Start of DATA SUPPLIED
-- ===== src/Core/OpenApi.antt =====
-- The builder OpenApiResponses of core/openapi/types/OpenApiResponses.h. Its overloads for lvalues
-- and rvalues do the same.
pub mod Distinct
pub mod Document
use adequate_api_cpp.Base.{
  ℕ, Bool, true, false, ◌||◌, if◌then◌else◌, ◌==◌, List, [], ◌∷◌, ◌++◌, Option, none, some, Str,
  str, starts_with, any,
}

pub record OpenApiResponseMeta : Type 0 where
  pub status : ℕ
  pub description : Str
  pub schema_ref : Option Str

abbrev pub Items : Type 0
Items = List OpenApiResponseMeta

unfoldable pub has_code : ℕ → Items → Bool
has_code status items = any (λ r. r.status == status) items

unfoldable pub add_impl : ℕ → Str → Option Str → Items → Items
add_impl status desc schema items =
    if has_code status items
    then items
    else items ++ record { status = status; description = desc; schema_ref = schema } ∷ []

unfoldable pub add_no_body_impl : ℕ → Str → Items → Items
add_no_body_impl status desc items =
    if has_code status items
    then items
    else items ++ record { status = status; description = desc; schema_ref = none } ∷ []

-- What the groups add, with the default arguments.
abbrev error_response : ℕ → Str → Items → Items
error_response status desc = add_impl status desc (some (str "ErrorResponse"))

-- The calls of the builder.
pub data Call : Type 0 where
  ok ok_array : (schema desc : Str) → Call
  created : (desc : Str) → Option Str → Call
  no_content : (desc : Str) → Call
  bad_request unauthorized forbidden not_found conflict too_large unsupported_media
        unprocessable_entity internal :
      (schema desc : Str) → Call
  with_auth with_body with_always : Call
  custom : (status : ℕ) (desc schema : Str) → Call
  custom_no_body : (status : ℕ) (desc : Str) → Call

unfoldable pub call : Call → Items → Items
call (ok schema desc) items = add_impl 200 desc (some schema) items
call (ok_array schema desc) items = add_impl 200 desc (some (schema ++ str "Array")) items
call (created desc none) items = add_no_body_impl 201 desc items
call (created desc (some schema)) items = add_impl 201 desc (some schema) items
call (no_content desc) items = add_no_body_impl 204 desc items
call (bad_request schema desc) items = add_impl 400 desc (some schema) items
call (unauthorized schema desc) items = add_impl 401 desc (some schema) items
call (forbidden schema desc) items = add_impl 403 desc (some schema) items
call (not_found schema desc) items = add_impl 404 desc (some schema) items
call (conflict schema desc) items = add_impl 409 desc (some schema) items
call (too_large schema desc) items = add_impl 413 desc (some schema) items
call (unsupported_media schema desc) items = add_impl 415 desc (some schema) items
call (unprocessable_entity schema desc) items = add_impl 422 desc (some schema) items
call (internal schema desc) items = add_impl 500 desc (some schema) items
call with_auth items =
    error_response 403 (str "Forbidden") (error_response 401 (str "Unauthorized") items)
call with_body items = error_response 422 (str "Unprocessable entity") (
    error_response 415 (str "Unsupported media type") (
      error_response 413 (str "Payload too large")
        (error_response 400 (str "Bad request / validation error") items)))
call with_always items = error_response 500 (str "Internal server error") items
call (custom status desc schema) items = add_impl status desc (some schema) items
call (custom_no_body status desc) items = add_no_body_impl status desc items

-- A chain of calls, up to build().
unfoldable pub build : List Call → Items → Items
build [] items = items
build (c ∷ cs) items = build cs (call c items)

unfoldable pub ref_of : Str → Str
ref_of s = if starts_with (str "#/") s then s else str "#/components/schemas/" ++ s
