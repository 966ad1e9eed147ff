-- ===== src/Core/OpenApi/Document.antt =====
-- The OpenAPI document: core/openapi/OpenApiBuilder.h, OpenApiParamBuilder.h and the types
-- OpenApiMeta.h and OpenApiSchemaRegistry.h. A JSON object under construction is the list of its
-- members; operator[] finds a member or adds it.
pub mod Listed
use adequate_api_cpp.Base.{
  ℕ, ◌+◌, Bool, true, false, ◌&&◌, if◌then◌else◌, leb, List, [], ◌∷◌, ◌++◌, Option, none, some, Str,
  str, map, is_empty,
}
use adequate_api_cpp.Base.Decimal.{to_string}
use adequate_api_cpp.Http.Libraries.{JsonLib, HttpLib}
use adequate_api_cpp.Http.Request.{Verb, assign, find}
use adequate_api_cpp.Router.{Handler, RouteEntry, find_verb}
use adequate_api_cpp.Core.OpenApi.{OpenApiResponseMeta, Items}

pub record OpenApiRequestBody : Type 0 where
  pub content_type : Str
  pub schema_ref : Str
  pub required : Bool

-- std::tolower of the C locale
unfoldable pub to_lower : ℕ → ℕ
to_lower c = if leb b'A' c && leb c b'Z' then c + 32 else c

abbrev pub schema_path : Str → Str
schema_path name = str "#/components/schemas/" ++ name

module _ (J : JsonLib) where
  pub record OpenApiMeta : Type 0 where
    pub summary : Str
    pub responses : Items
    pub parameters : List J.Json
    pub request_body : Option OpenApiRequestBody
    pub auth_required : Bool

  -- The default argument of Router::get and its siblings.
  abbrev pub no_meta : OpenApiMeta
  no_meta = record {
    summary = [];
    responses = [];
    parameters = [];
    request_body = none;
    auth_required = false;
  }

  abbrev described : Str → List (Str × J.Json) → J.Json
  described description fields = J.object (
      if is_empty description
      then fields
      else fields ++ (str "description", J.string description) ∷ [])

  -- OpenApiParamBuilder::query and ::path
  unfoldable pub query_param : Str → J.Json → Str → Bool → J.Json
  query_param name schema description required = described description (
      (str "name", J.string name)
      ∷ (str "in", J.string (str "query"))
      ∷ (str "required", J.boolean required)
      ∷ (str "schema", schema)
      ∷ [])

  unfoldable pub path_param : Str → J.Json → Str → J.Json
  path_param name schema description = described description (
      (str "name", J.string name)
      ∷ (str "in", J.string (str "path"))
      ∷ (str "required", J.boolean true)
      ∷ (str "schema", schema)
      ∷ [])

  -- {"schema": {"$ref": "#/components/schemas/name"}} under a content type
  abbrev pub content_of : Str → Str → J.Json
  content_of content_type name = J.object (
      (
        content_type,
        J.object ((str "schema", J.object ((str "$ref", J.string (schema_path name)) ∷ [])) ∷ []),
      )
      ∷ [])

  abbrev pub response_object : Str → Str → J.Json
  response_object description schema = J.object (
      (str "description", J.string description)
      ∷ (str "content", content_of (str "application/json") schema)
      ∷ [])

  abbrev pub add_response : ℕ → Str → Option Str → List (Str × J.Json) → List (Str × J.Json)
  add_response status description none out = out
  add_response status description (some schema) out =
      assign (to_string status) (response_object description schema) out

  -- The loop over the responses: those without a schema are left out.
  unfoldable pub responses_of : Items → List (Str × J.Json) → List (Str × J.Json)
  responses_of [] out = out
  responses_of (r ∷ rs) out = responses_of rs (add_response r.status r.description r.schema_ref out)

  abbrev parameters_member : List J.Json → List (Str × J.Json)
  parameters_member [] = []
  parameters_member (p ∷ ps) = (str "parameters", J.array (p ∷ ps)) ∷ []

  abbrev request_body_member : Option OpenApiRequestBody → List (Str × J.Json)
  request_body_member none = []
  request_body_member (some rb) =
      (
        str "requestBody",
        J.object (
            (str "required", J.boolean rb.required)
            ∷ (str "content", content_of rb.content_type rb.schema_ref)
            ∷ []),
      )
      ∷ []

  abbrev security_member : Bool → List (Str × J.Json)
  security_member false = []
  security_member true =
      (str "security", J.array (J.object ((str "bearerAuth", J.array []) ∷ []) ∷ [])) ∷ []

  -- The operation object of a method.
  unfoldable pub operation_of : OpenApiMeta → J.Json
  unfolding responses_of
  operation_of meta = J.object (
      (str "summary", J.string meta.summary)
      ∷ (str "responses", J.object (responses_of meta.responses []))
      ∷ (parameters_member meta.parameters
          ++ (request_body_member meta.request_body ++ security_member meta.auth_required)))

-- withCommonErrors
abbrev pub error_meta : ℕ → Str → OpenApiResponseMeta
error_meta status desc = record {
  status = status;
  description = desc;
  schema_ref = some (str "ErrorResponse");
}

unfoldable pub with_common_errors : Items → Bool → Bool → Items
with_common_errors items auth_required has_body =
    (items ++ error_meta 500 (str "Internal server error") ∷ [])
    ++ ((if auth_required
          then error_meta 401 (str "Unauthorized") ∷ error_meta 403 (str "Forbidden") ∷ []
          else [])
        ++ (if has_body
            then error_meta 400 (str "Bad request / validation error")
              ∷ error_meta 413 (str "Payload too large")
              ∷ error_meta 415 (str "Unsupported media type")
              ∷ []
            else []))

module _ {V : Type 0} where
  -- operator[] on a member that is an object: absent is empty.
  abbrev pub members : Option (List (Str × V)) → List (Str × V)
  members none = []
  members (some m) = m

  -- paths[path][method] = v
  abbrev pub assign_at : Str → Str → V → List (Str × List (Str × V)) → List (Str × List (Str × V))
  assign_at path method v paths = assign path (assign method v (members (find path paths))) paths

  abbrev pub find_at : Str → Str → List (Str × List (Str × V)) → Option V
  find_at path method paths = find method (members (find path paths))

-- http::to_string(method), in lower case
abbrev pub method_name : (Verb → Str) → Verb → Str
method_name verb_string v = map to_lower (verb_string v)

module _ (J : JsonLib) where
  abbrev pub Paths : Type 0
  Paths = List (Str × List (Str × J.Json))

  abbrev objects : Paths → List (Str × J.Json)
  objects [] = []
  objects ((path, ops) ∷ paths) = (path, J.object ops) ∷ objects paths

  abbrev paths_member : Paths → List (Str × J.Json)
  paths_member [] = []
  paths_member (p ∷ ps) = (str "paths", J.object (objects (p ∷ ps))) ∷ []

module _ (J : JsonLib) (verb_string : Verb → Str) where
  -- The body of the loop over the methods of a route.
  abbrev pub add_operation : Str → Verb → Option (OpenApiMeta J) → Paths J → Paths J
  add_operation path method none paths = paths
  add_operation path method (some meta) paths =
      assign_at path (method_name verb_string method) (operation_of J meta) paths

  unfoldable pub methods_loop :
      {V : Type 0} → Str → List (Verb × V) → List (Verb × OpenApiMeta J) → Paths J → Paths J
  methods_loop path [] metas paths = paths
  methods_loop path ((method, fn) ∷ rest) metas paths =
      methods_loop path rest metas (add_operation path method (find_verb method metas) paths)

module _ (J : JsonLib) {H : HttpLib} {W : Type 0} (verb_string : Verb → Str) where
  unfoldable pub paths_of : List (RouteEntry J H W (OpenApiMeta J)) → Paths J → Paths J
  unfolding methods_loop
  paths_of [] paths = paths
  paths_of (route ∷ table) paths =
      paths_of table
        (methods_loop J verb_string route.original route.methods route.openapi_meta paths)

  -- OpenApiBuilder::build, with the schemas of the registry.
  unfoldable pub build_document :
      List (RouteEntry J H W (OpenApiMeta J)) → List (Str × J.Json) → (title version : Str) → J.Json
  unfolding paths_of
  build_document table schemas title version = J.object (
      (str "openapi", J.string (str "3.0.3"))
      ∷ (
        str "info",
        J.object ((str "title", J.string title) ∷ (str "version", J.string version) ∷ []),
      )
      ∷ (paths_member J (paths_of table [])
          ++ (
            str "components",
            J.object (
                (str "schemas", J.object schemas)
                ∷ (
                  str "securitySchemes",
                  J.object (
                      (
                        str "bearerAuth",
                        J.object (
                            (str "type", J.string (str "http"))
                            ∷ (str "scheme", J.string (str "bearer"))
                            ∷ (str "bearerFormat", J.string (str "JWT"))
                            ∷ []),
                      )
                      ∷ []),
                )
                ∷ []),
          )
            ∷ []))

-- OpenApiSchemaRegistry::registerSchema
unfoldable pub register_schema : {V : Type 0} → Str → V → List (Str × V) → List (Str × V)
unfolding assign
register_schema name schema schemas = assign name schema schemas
End of DATA SUPPLIED
- **WORK REQUIRED**
Whenever a line of the entries contains the string "summary", copy that line.

- **ANSWER BELOW**
    pub summary : Str
    summary = [];
      (str "summary", J.string meta.summary)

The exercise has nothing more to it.